■ Exercise description ■
Check each line of the material below for the string "true", then report how many lines have it, and nothing else.

◆ ◆ ◆ ◆ ◆ ◆ ◆

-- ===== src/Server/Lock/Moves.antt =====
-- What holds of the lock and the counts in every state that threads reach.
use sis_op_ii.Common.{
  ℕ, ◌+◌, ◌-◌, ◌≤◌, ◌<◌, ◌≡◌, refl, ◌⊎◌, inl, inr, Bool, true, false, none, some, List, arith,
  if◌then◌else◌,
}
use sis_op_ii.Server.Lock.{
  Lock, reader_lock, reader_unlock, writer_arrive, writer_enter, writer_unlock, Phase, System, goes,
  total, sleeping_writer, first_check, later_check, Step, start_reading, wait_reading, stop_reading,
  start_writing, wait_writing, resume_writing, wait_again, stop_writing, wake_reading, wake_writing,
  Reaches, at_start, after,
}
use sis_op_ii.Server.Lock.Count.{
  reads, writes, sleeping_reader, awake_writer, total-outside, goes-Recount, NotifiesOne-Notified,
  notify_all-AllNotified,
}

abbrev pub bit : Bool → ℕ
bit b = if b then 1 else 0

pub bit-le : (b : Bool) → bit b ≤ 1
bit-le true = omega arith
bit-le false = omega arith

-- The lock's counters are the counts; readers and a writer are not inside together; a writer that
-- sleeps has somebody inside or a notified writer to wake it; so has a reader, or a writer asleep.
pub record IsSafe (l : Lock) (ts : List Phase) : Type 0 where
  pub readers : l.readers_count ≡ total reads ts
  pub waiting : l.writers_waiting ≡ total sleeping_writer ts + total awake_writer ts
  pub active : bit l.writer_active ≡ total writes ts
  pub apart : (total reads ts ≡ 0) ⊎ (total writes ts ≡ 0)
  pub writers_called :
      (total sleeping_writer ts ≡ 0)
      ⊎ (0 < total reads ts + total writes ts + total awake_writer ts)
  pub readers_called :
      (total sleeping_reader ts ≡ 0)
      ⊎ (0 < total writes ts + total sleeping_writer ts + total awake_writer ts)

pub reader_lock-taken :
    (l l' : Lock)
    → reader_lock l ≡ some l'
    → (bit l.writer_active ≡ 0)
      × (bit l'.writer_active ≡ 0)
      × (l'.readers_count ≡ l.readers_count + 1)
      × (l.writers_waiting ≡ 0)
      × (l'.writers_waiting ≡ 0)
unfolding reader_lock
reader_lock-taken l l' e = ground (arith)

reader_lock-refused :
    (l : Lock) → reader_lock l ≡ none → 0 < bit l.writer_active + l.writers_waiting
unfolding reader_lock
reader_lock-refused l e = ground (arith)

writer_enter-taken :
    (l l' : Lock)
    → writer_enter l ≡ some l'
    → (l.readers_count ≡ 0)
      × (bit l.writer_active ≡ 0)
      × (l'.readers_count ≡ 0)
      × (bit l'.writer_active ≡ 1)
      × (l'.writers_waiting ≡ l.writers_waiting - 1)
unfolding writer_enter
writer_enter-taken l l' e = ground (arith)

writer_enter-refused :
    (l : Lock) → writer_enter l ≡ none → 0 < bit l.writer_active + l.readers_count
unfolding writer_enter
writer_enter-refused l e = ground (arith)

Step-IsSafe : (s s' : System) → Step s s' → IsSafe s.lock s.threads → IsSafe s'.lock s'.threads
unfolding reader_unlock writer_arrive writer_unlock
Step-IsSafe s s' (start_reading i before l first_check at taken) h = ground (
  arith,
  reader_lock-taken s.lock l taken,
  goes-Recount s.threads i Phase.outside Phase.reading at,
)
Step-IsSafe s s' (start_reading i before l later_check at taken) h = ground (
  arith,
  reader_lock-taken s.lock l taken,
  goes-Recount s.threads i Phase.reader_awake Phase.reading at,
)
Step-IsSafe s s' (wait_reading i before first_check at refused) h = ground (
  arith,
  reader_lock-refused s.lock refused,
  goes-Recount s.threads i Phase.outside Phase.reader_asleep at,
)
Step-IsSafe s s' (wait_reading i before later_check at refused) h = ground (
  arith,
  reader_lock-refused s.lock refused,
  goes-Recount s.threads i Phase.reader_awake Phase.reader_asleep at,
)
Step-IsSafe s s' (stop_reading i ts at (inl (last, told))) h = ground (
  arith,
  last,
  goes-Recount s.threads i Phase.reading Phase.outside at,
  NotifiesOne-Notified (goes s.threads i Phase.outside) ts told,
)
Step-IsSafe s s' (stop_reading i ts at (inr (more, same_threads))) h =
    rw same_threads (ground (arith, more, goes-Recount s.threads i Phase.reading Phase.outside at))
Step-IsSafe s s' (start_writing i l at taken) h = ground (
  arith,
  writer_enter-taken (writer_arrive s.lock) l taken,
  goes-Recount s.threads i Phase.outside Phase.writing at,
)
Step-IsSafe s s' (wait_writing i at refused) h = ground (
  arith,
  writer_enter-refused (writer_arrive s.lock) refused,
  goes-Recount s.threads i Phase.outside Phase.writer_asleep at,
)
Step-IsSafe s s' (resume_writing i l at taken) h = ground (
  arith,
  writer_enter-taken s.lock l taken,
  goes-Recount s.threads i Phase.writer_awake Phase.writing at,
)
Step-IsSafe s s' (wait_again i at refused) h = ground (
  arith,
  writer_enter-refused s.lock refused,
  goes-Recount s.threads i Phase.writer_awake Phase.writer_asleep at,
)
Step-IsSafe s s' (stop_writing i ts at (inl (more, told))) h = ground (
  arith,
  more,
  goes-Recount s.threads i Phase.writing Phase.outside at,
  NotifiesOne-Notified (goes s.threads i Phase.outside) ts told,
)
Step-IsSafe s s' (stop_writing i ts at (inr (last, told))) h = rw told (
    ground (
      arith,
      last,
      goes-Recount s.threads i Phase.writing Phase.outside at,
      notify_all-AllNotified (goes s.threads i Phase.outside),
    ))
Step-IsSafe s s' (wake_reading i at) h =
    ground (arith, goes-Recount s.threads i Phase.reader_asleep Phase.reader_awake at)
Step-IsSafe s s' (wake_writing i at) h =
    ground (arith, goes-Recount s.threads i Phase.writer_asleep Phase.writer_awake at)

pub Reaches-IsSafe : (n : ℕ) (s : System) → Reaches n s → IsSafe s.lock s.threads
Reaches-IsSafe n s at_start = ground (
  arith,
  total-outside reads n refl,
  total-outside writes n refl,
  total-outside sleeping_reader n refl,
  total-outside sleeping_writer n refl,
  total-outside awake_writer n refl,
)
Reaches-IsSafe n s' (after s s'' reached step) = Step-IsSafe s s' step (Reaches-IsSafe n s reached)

◆ ◆ ◆ ◆ ◆ ◆ ◆

■ Output of the exercise ■
2